FVP was built specifically for VMware environments — in fact it gets installed in, and works at, the hypervisor layer. Support for other hypervisors is on PernixData’s roadmap, but — for the moment — VMware is the only option.
FVP can work to accelerate performance of any VMware-supported storage. This includes:
- Local host-side datastores
How Does FVP Work?
FVP takes host-side Flash throughout the VMware cluster and virtualizes it into a pool of resources for accelerating writes. Read acceleration happens almost as a side-effect, since data will be served from Flash on a cache hit. The Flash can be either PCIe Flash installed in the host(s) or SSDs installed in the host(s).
In configuring FVP, you create an FVP Cluster. Similar to how a DRS cluster might not contain all of the hosts in the VMware cluster, an FVP Cluster could only contain some of the hosts in a cluster. Those hosts need to have local host-side Flash installed, and only VMs running on those hosts will be able to receive the performance benefits of FVP.
Different hosts in the FVP Cluster may have different amounts and types of Flash installed. FVP has no problem with that.
Whether or not to apply FVP acceleration can be configured on a per-datastore basis. All VMs on the chosen datastore will be accelerated. Customers also have the option of applying per-VM settings, with will override settings inherited from the datastore, allowing customers complete freedom to pick exactly which VMs receive the performance boost.
There are four key features to FVP storage acceleration:
- Fault-Tolerant Write Protection
- Distributed Fault-Tolerant Memory (DFTM)
- User-Definable Fault Domains
- Adaptive Network Compression
Fault-Tolerant Write Protection
In order to ensure that data is protected, it may not be enough to write the data to local Flash before acknowledging the write back to the VM. If the host were to crash immediately following the write to Flash, before the data can be de-staged to shared disk, that data would be unavailable to the VM when VMware HA restarts it on another host in the cluster.
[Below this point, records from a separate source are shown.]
-- ===== src/Metric/Examples.antt =====
-- The metrics of core/metric.c on one unit with three sub-metrics.
use syswatcher.Base.{
  as_int, signed_int, ℕ, List, Option, length, ◌<◌, ◌+◌, ◌/◌, ◌-◌, ◌≡◌, refl, true, false, [], ◌∷◌,
  ◌++◌, some, arith, All, map, pos, negsuc, inl, inr,
}
use syswatcher.Channel.{Item, SubChannel, PluginChannel}
use syswatcher.CString.{codes}
use syswatcher.Metric.{SubMetricUnit, MetricUnit, Watcher, target, traverse, add_metric, del_metric}
use syswatcher.Metric.Tick.{Has, due, any_due}
use syswatcher.Metric.Schedule.{queued, seconds, queued-seconds, queued_starved}
use syswatcher.Metric.Actions.{second, round, after, fired, calls, calls-fired}
use syswatcher.Metric.Served.{rounds, queued-called}
use syswatcher.Metric.Registry.{ids, del_metric-add_metric}
use syswatcher.Metric.Bounds.{InRing, traverse-InRing}

-- Collected every 3 seconds, once after 1 second, and once after 5 seconds.
abbrev every_three : SubMetricUnit
every_three = record {
  node = 0;
  sub_metric_name = codes "load";
  sub_metric_description = [];
  run_time = negsuc 0;
  interval = pos 3;
  time_ring_left = pos 3;
  data_collection = record { element_num = 1; block = some 40 };
  do_update = 7;
}

abbrev once_soon : SubMetricUnit
once_soon = record every_three {
  node = 1;
  run_time = pos 1;
  interval = pos 1;
  time_ring_left = pos 1;
  do_update = 8;
}

abbrev once_later : SubMetricUnit
once_later = record every_three {
  node = 2;
  run_time = pos 1;
  interval = pos 5;
  time_ring_left = pos 5;
  do_update = 9;
}

abbrev unit : MetricUnit
unit = record {
  metric_name = codes "cpu";
  metric_description = [];
  plugin_id = 4;
  exiting = false;
  sub_metrics = every_three ∷ once_soon ∷ once_later ∷ [];
  thread_running = true;
  action_fifo = [];
}

unit-Has : Has unit every_three
unit-Has = record {
  before = [];
  after = once_soon ∷ once_later ∷ [];
  split = refl;
  alone_before = refl;
  alone_after = refl;
}

queued-seconds_example : queued 0 (seconds 10 unit) ≡ 0 + (10 + (3 - 3)) / 3
queued-seconds_example =
    queued-seconds 10 3 3 unit-Has (record { for_ever = refl; every = refl; left = refl })
      (omega arith) (omega arith)

queued_starved_example : queued 2 (seconds 20 unit) ≡ 0
unfolding any_due due as_int signed_int
queued_starved_example =
    queued_starved 20 3
      (record {
        before = every_three ∷ once_soon ∷ [];
        after = [];
        split = refl;
        alone_before = refl;
        alone_after = refl;
      })
      refl refl refl

calls-fired_example :
    let es = second ∷ round ∷ second ∷ second ∷ round ∷ round ∷ [] in
    calls es unit ++ map (target unit.sub_metrics) (after es unit).action_fifo
    ≡ map (target unit.sub_metrics) ([] ++ fired es unit)
calls-fired_example = calls-fired (second ∷ round ∷ second ∷ second ∷ round ∷ round ∷ []) unit

abbrev sub_channel : SubChannel
sub_channel = record {
  subname = codes "idle";
  subdesc = [];
  run_once = false;
  interval = pos 2;
  item = record { element_num = 1; block = some 41 };
  collect_data_func = 10;
}

abbrev channel : PluginChannel
channel = record {
  plugin_id = 5;
  name = codes "mem";
  desc = [];
  sub_metric_num = 2;
  sub_channel = some (sub_channel ∷ sub_channel ∷ []);
}

abbrev watcher : Watcher
watcher = record { metrics = unit ∷ [] }

del_metric-add_metric_example :
    (added : Watcher) × (add_metric watcher channel ≡ some added)
    × (ids added ≡ (4 ∷ []) ++ 5 ∷ [])
    × (del_metric added 5 ≡ watcher)
del_metric-add_metric_example =
    del_metric-add_metric watcher channel (sub_channel ∷ sub_channel ∷ []) refl refl refl

traverse-InRing_example : All (λ u. All InRing u.sub_metrics) (traverse (unit ∷ []))
traverse-InRing_example = traverse-InRing (unit ∷ []) (
    (
      (
        record { runs = inl refl; within = omega arith },
        (
          record { runs = inr (inl refl); within = omega arith },
          (record { runs = inr (inl refl); within = omega arith }, tt),
        ),
      ),
      tt,
    ))

-- Two actions are queued; the second of them is called in the second round.
abbrev two_queued : MetricUnit
two_queued = record unit { action_fifo = 1 ∷ 0 ∷ [] }

queued-called_example :
    (later : List (Option (ℕ × Item))) × (calls (round ∷ second ∷ round ∷ []) two_queued
      ≡ map (target two_queued.sub_metrics) (1 ∷ []) ++ target two_queued.sub_metrics 0 ∷ later)
queued-called_example =
    queued-called (round ∷ second ∷ round ∷ []) two_queued (1 ∷ []) 0 [] refl two_rounds
  where
    two_rounds : length {A = ℕ} (1 ∷ []) < rounds (round ∷ second ∷ round ∷ [])
    two_rounds = unfold rounds in omega arith
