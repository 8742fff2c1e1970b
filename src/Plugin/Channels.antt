-- ===== src/Plugin/Channels.antt =====
-- PLUGIN_INIT (plugins/plugin_include/plugin_def.h) and what plugin_load of core/plugin_mgr.c makes of
-- what it fills in.
use syswatcher.Base.{ltb, false, ℕ, ◌≡◌, refl, Bool, true, Option, some, List, ◌∷◌, length, arith}
use syswatcher.Channel.{Str, CollectItem, PluginInfo, SubChannel, PluginChannel}
use syswatcher.PluginMgr.{Env, Host, Plugin, PluginMgr, srm_ok, plugin_release_version}
use syswatcher.PluginMgr.Load.{copy_to}
use syswatcher.PluginMgr.Filled.{IsFilled}
use syswatcher.Plugin.{max_argv, plugin_init_macro}

-- What a sub-channel takes from the item of a plugin, when there is memory for its values.
abbrev pub as_offered : SubChannel → Str × Bool × ℕ × ℕ
as_offered c = (c.subname, c.run_once, c.item.element_num, c.collect_data_func)

abbrev pub offered : CollectItem → Str × Bool × ℕ × ℕ
offered it = (copy_to 64 it.item_name, it.run_once, it.data_count, it.collect_data_func)

-- A plugin whose init function is PLUGIN_INIT has filled in all that plugin_load reads, where its own
-- record has a name and a description and malloc succeeds.
pub plugin_init_macro-IsFilled :
    (items : List CollectItem) (own mgr info : PluginInfo) (name desc : Str)
    → own.name ≡ some name
    → own.desc ≡ some desc
    → plugin_init_macro true items own mgr ≡ some info
    → IsFilled info
unfolding plugin_init_macro
plugin_init_macro-IsFilled items own mgr info name desc n d e =
    let fits : ltb max_argv mgr.argc ≡ false = ground arith in
    let made : info ≡ record {
      name = own.name;
      desc = own.desc;
      version = some plugin_release_version;
      collect_item = some items;
      item_count = length items;
      argc = mgr.argc;
      argv = info.argv;
    } =
      ground arith in
    rw made (record {
      name = (name, n);
      desc = (desc, d);
      version = (plugin_release_version, refl);
      items = (items, refl, refl);
    })

module _ (H : Host) (env : Env) where
  -- The plugin stands in front of the manager's list, and the context was given its channel.
  abbrev pub IsRegistered :
      PluginMgr H.State → PluginChannel → Option (PluginMgr H.State × Plugin × ℕ) → Type 0
  IsRegistered mgr chan r =
      (mgr' : PluginMgr H.State) × (q : Plugin) × (r ≡ some (mgr', q, srm_ok))
      × (mgr'.head ≡ q ∷ mgr.head)
      × (q.notify_info ≡ chan)
      × (H.load mgr.context chan ≡ some mgr'.context)
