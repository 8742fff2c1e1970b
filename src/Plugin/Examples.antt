-- ===== src/Plugin/Examples.antt =====
-- PLUGIN_INIT for the cpu plugin.
use syswatcher.Base.{true, none, some, [], ◌∷◌}
use syswatcher.Channel.{PluginInfo}
use syswatcher.CString.{codes}
use syswatcher.CpuPlugin.Entry.{cpu_items}
use syswatcher.PluginMgr.{Env, Plugin, plugin_release_version}
use syswatcher.PluginMgr.Parser.{new_node}
use syswatcher.PluginMgr.Samples.{load_cmd}

abbrev asked : PluginInfo
asked = record {
  name = none;
  desc = none;
  version = none;
  collect_item = none;
  item_count = 0;
  argc = 1;
  argv = codes "SUM=false" ∷ [];
}

abbrev filled : PluginInfo
filled = record {
  name = some (codes "cpu misc");
  desc = some (codes "all information about cpu");
  version = some plugin_release_version;
  collect_item = some (cpu_items 5);
  item_count = 2;
  argc = 1;
  argv = codes "SUM=false" ∷ [];
}

-- The library at 30, whose init function at 31 is that of the cpu plugin.
abbrev memory : Env
memory = record {
  malloc = some 20;
  malloc_sub_channel = true;
  malloc_data = λ i. some i;
  time = 0;
  dlopen = λ path. some 30;
  dlsym = λ h name. some 31;
  run_init = λ f info. (0, filled);
}

abbrev cpu_plugin : Plugin
cpu_plugin = record (new_node 20 (codes "cpu") load_cmd) { plugin_info = asked }
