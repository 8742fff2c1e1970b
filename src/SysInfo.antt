-- ===== src/SysInfo.antt =====
-- The system information plugin (plugins/mod_sysinfo/libsysinfo.c). The output of lsb_release and the
-- version that the copy of dmidecode finds are arguments. `none` stands for a use of NULL, a read of
-- memory that was never written, or a write past an array.
pub mod Release
pub mod Entry
mod Examples
use syswatcher.Base.{
  ℕ, Bool, true, false, Option, none, some, List, [], ◌∷◌, ltb, if◌then◌else◌, length,
}
use syswatcher.Channel.{Str}
use syswatcher.CString.{codes, strstr, up_to_newline, fgets}
use syswatcher.Display.{m_string}
use syswatcher.Plugin.{Datum, str}

-- What stands on the first line two bytes after the first colon.
unfoldable pub after_colon : Option Str → Option Str
unfolding strstr up_to_newline fgets
after_colon none = none
after_colon (some output) = elim (strstr (codes ":") (fgets 1023 output).0) [
  | none ↦ none
  | some p ↦ elim (up_to_newline p) [
    | none ↦ none
    | some [] ↦ none
    | some (colon ∷ []) ↦ none
    | some (colon ∷ c ∷ value) ↦ some value
  ]
]

-- The name, the type and the text of a value; the unit stays as it is in the block.
unfoldable pub set_text : Str → Str → Datum → Option Datum
set_text name text v =
    if ltb 127 (length text)
    then none
    else some (record { name = name; unit = v.unit; t = m_string; val = str text })

unfoldable pub os_release_collect :
    (name_output version_output : Option Str) → List Datum → Option (List Datum)
unfolding after_colon set_text
os_release_collect name_output version_output [] = none
os_release_collect name_output version_output (v ∷ []) = none
os_release_collect name_output version_output (v ∷ w ∷ rest) = elim (after_colon name_output) [
  | none ↦ none
  | some name ↦ elim (after_colon version_output) [
    | none ↦ none
    | some version ↦ elim (set_text (codes "distributor") name v) [
      | none ↦ none
      | some v' ↦ elim (set_text (codes "version") version w) [
        | none ↦ none
        | some w' ↦ some (v' ∷ w' ∷ rest)
      ]
    ]
  ]
]

-- `dmidecode_val` after dmi_bios_version().
unfoldable pub bios_release_collect : (dmidecode_val : Str) → List Datum → Option (List Datum)
unfolding set_text
bios_release_collect dmidecode_val [] = none
bios_release_collect dmidecode_val (v ∷ rest) =
    elim (set_text (codes "BIOS Revision") dmidecode_val v) [
      | none ↦ none
      | some v' ↦ some (v' ∷ rest)
    ]
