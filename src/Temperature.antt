-- ===== src/Temperature.antt =====
-- The temperature plugin (plugins/mod_temp/libtemp.c): the search for the sensor of the processor
-- among the entries of /sys/class/hwmon, and the reading of its temperature. The file system is an
-- argument; `none` stands for a write past an array, or a loop that does not end.
pub mod Search
pub mod Reading
pub mod Entry
mod Examples
use syswatcher.Base.{
  ℕ, zero, suc, ◌+◌, ◌-◌, ◌*◌, ◌/◌, Bool, true, false, ◌&&◌, ◌||◌, not, Option, none, some, List,
  [], ◌∷◌, ◌++◌, ◌==◌, if◌then◌else◌, ltb, length, take, ℤ, pos, negsuc,
}
use syswatcher.Channel.{Str}
use syswatcher.CString.{codes, strncmp_eq}
use syswatcher.CpuData.{skip_whitespace, digits}
use syswatcher.Display.{decimal, m_int32}
use syswatcher.Plugin.{Datum, set_data_collect, int32}

-- access(path, F_OK) == 0, access(path, R_OK) == 0, and what open and read give for a path.
pub record Sysfs : Type 0 where
  pub exists : Str → Bool
  pub readable : Str → Bool
  pub contents : Str → Option Str

abbrev pub hwmon_count : ℕ
hwmon_count = 128

-- "/sys/class/hwmon/hwmon%d"
unfoldable pub hwmon_path : ℕ → Str
unfolding decimal
hwmon_path count = codes "/sys/class/hwmon/hwmon" ++ decimal 10 count

-- The paths that find_entry stores from entry `count` on, with so many rounds at most.
unfoldable pub find_entry : (fuel : ℕ) → Sysfs → (count : ℕ) → Option (List Str)
unfolding hwmon_path
find_entry zero fs count = none
find_entry (suc fuel) fs count = elim (fs.exists (hwmon_path count)) [
  | false ↦ some []
  | true ↦ elim (ltb count hwmon_count) [
    | false ↦ none
    | true ↦ elim (find_entry fuel fs (count + 1)) [
      | none ↦ none
      | some paths ↦ some (hwmon_path count ∷ paths)
    ]
  ]
]

-- The test of the name; true stands for the result 0. The read does not fail, and what it leaves of
-- the array as it was is not taken for a part of the name.
unfoldable pub find_cputemp_entry : Sysfs → Str → Bool
unfolding strncmp_eq
find_cputemp_entry fs hwmon_entry = elim (fs.contents (hwmon_entry ++ codes "/name")) [
  | none ↦ false
  | some name ↦
      let hwmon_name = take 16 name in
      if length hwmon_name == 0
      then false
      else strncmp_eq 8 hwmon_name (codes "coretemp") || strncmp_eq 9 hwmon_name (codes "cpu-hwmon")
]

-- The loop of the init function: the first entry that is the processor's.
unfoldable pub first_cputemp : Sysfs → List Str → Option Str
unfolding find_cputemp_entry
first_cputemp fs [] = none
first_cputemp fs (path ∷ paths) = elim (find_cputemp_entry fs path) [
  | true ↦ some (path ++ codes "/temp1_input")
  | false ↦ first_cputemp fs paths
]

-- cputemp_entry after PLUGIN_ENTRY(temp, plugin_info); it is empty if there is none.
unfoldable pub temp_init : Sysfs → Option Str
unfolding find_entry first_cputemp
temp_init fs = elim (find_entry (hwmon_count + 1) fs 0) [
  | none ↦ none
  | some paths ↦ elim (first_cputemp fs paths) [ none ↦ some [] | some path ↦ some path ]
]

-- -n
abbrev pub negated : ℕ → ℤ
negated zero = pos 0
negated (suc n) = negsuc n

-- atoi(s)/1000, on a number that fits an int; the quotient is cut towards 0.
unfoldable pub thousandth : Str → ℤ
unfolding skip_whitespace digits
thousandth s = elim (skip_whitespace s) [
  | [] ↦ pos 0
  | c ∷ rest ↦
      if c == b'-'
      then negated ((digits 0 rest).0 / 1000)
      else if c == b'+'
      then pos ((digits 0 rest).0 / 1000)
      else pos ((digits 0 (c ∷ rest)).0 / 1000)
]

unfoldable pub temperature_collect : Sysfs → Str → List Datum
unfolding thousandth set_data_collect
temperature_collect fs cputemp_entry =
    let temp : ℤ =
      if fs.readable cputemp_entry
      then elim (fs.contents cputemp_entry) [ none ↦ pos 0 | some text ↦ thousandth (take 32 text) ]
      else pos 0 in
    set_data_collect (codes "cpu_temp") (codes "C") m_int32 (int32 temp) ∷ []
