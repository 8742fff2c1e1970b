-- ===== src/Plugin/Items.antt =====
-- The values of each item: plugins/mod_cpu/libcpu.c, plugins/mod_disk/libdisk.c,
-- plugins/mod_memory/libmemory.c, plugins/mod_temp/libtemp.c and plugins/mod_sysinfo/libsysinfo.c.
use syswatcher.Base.{
  ℕ, ◌*◌, ◌≤◌, ◌<◌, ◌≡◌, refl, Option, some, List, [], ◌∷◌, arith, length, All, inl, inr,
  Option-cases, Bool-cases, ltb, subst, ℤ, ◌∙◌,
}
use syswatcher.Channel.{Str}
use syswatcher.CString.{codes}
use syswatcher.CpuData.{get_core_num}
use syswatcher.Display.{m_string}
use syswatcher.File.{TimelyFile}
use syswatcher.CpuPlugin.{Reading, read_again, CpuState, cpu_data_collect, data_per_core}
use syswatcher.CpuPlugin.Entry.{cpu_spec_collect, find_cpuname, spec_data, shown_name}
use syswatcher.CpuPlugin.Rounds.{HasLines}
use syswatcher.CpuPlugin.Writes.{cpu_data_collect-writes}
use syswatcher.DeviceTable.{DfState}
use syswatcher.Disk.{DiskEnv, disk_data_collect}
use syswatcher.Memory.{memory_information, mem_info, memory_data, MemoryInfo}
use syswatcher.Plugin.{str, Datum, IsDatum, set_data_collect}
use syswatcher.SysInfo.{os_release_collect, bios_release_collect, set_text, after_colon}
use syswatcher.Temperature.{Sysfs, temperature_collect}

-- The unit of an entry that a plugin does not set.
abbrev pub UnitFits : Datum → Type 0
UnitFits v = length v.unit < 16

-- So many values, each of which has its type and fits.
abbrev pub Written : ℕ → List Datum → Type 0
Written n values = (length values ≡ n) × All IsDatum values

spec_data-Written : (name : Str) (cores : ℤ) → length name < 128 → Written 2 (spec_data name cores)
unfolding spec_data
spec_data-Written name cores short = (
  refl,
  (
    record { member = (refl, short); name = omega arith; unit = omega arith },
    (record { member = refl; name = omega arith; unit = omega arith }, tt),
  ),
)

pub cpu_spec-Written :
    (of_stat of_cpuinfo : Reading) (n : ℕ) (values : List Datum) (s s' : CpuState)
    → cpu_spec_collect of_stat of_cpuinfo s ≡ some (n, values, s')
    → Written 2 values
unfolding cpu_spec_collect
cpu_spec-Written of_stat of_cpuinfo n values s s' e =
    elim (Option-cases (read_again of_stat s.cpu_stat)) [
      | inl fault ↦ absurd (ground arith)
      | inr (stat, a) ↦ elim (Option-cases (read_again of_cpuinfo s.cpuinfo)) [
        | inl fault ↦ absurd (ground arith)
        | inr (info, b) ↦ elim (Option-cases (find_cpuname info.1)) [
          | inl fault ↦ absurd (ground arith)
          | inr (found, c) ↦ elim (Bool-cases (ltb 127 (length (shown_name found.0)))) [
            | inl long ↦ absurd (ground arith)
            | inr short ↦
                let same : values ≡ spec_data (shown_name found.0) (get_core_num stat.1) =
                  ground arith in
                rw same
                  (spec_data-Written (shown_name found.0) (get_core_num stat.1) (ground arith))
          ]
        ]
      ]
    ]

pub disk-Written : (env : DiskEnv) (s : DfState) → Written 3 (disk_data_collect env s).0
unfolding disk_data_collect
disk-Written env s = (
  refl,
  (
    record { member = refl; name = omega arith; unit = omega arith },
    (
      record { member = refl; name = omega arith; unit = omega arith },
      (record { member = refl; name = omega arith; unit = omega arith }, tt),
    ),
  ),
)

memory_data-Written : (mem : MemoryInfo) → Written 4 (memory_data mem)
unfolding memory_data
memory_data-Written mem = (
  refl,
  (
    record { member = refl; name = omega arith; unit = omega arith },
    (
      record { member = refl; name = omega arith; unit = omega arith },
      (
        record { member = refl; name = omega arith; unit = omega arith },
        (record { member = refl; name = omega arith; unit = omega arith }, tt),
      ),
    ),
  ),
)

pub memory-Written :
    (text : Option Str) (values : List Datum)
    → memory_information text ≡ some values
    → Written 4 values
unfolding memory_information
memory-Written text values e = elim (Option-cases (mem_info text)) [
  | inl fault ↦ absurd (ground arith)
  | inr (mem, found) ↦
      let same : values ≡ memory_data mem = ground arith in rw same (memory_data-Written mem)
]

pub temperature-Written : (fs : Sysfs) (path : Str) → Written 1 (temperature_collect fs path)
unfolding temperature_collect set_data_collect
temperature-Written fs path =
    (refl, (record { member = refl; name = omega arith; unit = omega arith }, tt))

set_text-IsDatum :
    (name text : Str) (v v' : Datum)
    → length name < 32
    → UnitFits v
    → set_text name text v ≡ some v'
    → IsDatum v'
unfolding set_text
set_text-IsDatum name text v v' fits unit e = elim (Bool-cases (ltb 127 (length text))) [
  | inl long ↦ absurd (ground arith)
  | inr short ↦
      let same : v' ≡ record { name = name; unit = v.unit; t = m_string; val = str text } =
        ground arith in
      rw same (record { member = (refl, ground arith); name = fits; unit = unit })
]

pub os-Written :
    (name version : Option Str) (v w : Datum) (values : List Datum)
    → UnitFits v
    → UnitFits w
    → os_release_collect name version (v ∷ w ∷ []) ≡ some values
    → Written 2 values
unfolding os_release_collect
os-Written name version v w values fits fits' e = elim (Option-cases (after_colon name)) [
  | inl fault ↦ absurd (ground arith)
  | inr (n, first) ↦ elim (Option-cases (after_colon version)) [
    | inl fault ↦ absurd (ground arith)
    | inr (r, second) ↦ elim (Option-cases (set_text (codes "distributor") n v)) [
      | inl fault ↦ absurd (ground arith)
      | inr (v', a) ↦ elim (Option-cases (set_text (codes "version") r w)) [
        | inl fault ↦ absurd (ground arith)
        | inr (w', b) ↦
            let same : values ≡ v' ∷ w' ∷ [] = ground arith in
            let one = set_text-IsDatum (codes "distributor") n v v' (omega arith) fits a in
            let two = set_text-IsDatum (codes "version") r w w' (omega arith) fits' b in
            rw same (refl, (one, (two, tt)))
      ]
    ]
  ]
]

pub bios-Written :
    (dmidecode_val : Str) (v : Datum) (values : List Datum)
    → UnitFits v
    → bios_release_collect dmidecode_val (v ∷ []) ≡ some values
    → Written 1 values
unfolding bios_release_collect
bios-Written dmidecode_val v values fits e =
    elim (Option-cases (set_text (codes "BIOS Revision") dmidecode_val v)) [
      | inl fault ↦ absurd (ground arith)
      | inr (v', a) ↦
          let same : values ≡ v' ∷ [] = ground arith in
          let one =
            set_text-IsDatum (codes "BIOS Revision") dmidecode_val v v' (omega arith) fits a in
          rw same (refl, (one, tt))
    ]

pub cpu-Written :
    (reading : Reading) (cores n : ℕ) (p : Str) (tf : TimelyFile) (block values : List Datum)
    (s s' : CpuState)
    → read_again reading s.cpu_stat ≡ some (tf, p)
    → HasLines cores p
    → cores ≤ length s.stats
    → length block ≡ cores * data_per_core
    → 0 < s.run_count
    → cpu_data_collect reading cores block s ≡ some (n, values, s')
    → Written (cores * data_per_core) values
cpu-Written reading cores n p tf block values s s' got_ lines room long later e =
    let (values', stats', runs, kept, same_long, written) =
      cpu_data_collect-writes reading cores p tf block s got_ lines room long in
    let same : values' ≡ values = ground arith in
    subst (Written (cores * data_per_core)) same (elim written [
      | inl (first, unwritten) ↦ absurd (omega arith)
      | inr (more, are) ↦ (same_long ∙ long, are)
    ])
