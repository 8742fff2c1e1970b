-- ===== src/Temperature/Entry.antt =====
-- What plugins/mod_temp/libtemp.c offers to the plugin manager. A collector function is a number.
use syswatcher.Base.{Bool, false, Option, none, some, [], ◌∷◌, pos, List}
use syswatcher.Channel.{CollectItem, PluginInfo}
use syswatcher.CString.{codes}
use syswatcher.Plugin.{plugin_init_macro}

abbrev pub temp_item : CollectItem
temp_item = record {
  item_name = codes "cpu temp";
  item_desc = codes "temperature of cpu";
  run_once = false;
  collect_data_func = 4;
  interval = pos 1;
  data_count = 1;
}

abbrev pub temp_pluginfo : PluginInfo
temp_pluginfo = record {
  name = some (codes "temps");
  desc = some (codes "temperature of this board");
  version = none;
  collect_item = none;
  item_count = 1;
  argc = 0;
  argv = [];
}

unfoldable pub temp_items : List CollectItem
temp_items = temp_item ∷ []

-- The first line of PLUGIN_ENTRY(temp, plugin_info)
unfoldable pub temp_fill : Bool → PluginInfo → Option PluginInfo
unfolding temp_items plugin_init_macro
temp_fill malloc plugin_info = plugin_init_macro malloc temp_items temp_pluginfo plugin_info
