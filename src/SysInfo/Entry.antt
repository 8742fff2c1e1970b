-- ===== src/SysInfo/Entry.antt =====
-- What plugins/mod_sysinfo/libsysinfo.c offers to the plugin manager. A collector function is a number.
use syswatcher.Base.{Bool, true, Option, none, some, [], ◌∷◌, pos, List}
use syswatcher.Channel.{CollectItem, PluginInfo}
use syswatcher.CString.{codes}
use syswatcher.Plugin.{plugin_init_macro}

abbrev pub os_item : CollectItem
os_item = record {
  item_name = codes "OS-Information";
  item_desc = codes "system version";
  run_once = true;
  collect_data_func = 5;
  interval = pos 1;
  data_count = 2;
}

abbrev pub bios_item : CollectItem
bios_item = record {
  item_name = codes "BIOS-Infortion";
  item_desc = codes "it is bios version";
  run_once = true;
  collect_data_func = 6;
  interval = pos 1;
  data_count = 1;
}

abbrev pub sysinfo_pluginfo : PluginInfo
sysinfo_pluginfo = record {
  name = some (codes "sysinfo");
  desc = some (codes "included bios-version and os-version");
  version = none;
  collect_item = none;
  item_count = 2;
  argc = 0;
  argv = [];
}

unfoldable pub sysinfo_items : List CollectItem
sysinfo_items = os_item ∷ bios_item ∷ []

-- PLUGIN_ENTRY(sysinfo, plugin_info)
unfoldable pub sysinfo_init : Bool → PluginInfo → Option PluginInfo
unfolding sysinfo_items plugin_init_macro
sysinfo_init malloc plugin_info =
    plugin_init_macro malloc sysinfo_items sysinfo_pluginfo plugin_info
To address this issue, FVP can be configured to create 0, 1, or 2 replicas of all data written. If 0 replicas are chosen, the data is unprotected in the failure scenario above. If 1 replica is chosen, FVP provides fault-tolerance by replicating the new data to Flash on another host in the cluster before acknowledging the write to the VM. If 2 replicas are chosen, FVP provides even more protection by replicating the data to Flash on two other hosts in the cluster before acknowledging the write to the VM.
How replicas are handled is also set on a per-datastore basis, but again, per-VM settings will override the ones inherited from the datastore, again offering full freedom of choice.
Distributed Fault-Tolerant Memory (DFTM)
When I first heard of DFTM, I didn’t understand why PernixData needed two different names for the Fault-Tolerant Write Acceleration (FTWA) feature described above. Once I understood the details, though, it became clear that this is a separate feature.
FTWA uses Flash for storage acceleration. Flash is still really another storage tier, even PCIe Flash (which is a really fast storage tier), but storage — even really fast storage — is still not quite as fast as memory.
DFTM allows FVP to use a portion of host-side RAM for write acceleration (very seriously accelerated writes). Because FVP is working in the hypervisor layer, it has less overhead than other RAM-based solutions. When configuring the FVP Cluster, you can choose how much RAM each host will assign for FVP to use. It does’t need to be the same amount on each host in the FVP cluster.
Again, DFTM can be configured on a per-VM basis by using a combination of the per-datastore and per-VM settings.
User-Definable Fault Domains
This feature is very cool. It allows VMware admins complete control over how they’ll protect the accelerated writes from hardware failures.
This feature allows for the creation of fault domains within the FVP cluster. Writes will be mirrored to Flash in other hosts only if that host is in the specified domain.
Sounds simple enough, right? Why is that such a big deal? I’ll offer two scenarios in the same cluster set up. Let’s say we have a VMware cluster made up of six hosts. Due to data center space limitations, three of the hosts in the cluster are in one rack, while the other three are in a rack across the aisle. All hosts connect to the top-of-rack switch in their respective rack, and the switches are linked together. Something like this:
(If you don’t like this scenario, think of the “Hosts” in the diagram as “blade servers” and the “racks” as “blade chassis”. That would make the “Switches” a “backplane”.)
Scenario 1: Performance
Let’s say I have a group of VMs for which performance is more important than any other factor. I could create two fault domains, one containing Host 1, Host 2, and Host 3, and the other containing Host 4, Host 5, and Host 6. All mirroring of writes will happen within the domain, meaning that no latency from traffic crossing distance to another switch gets added to the mirroring.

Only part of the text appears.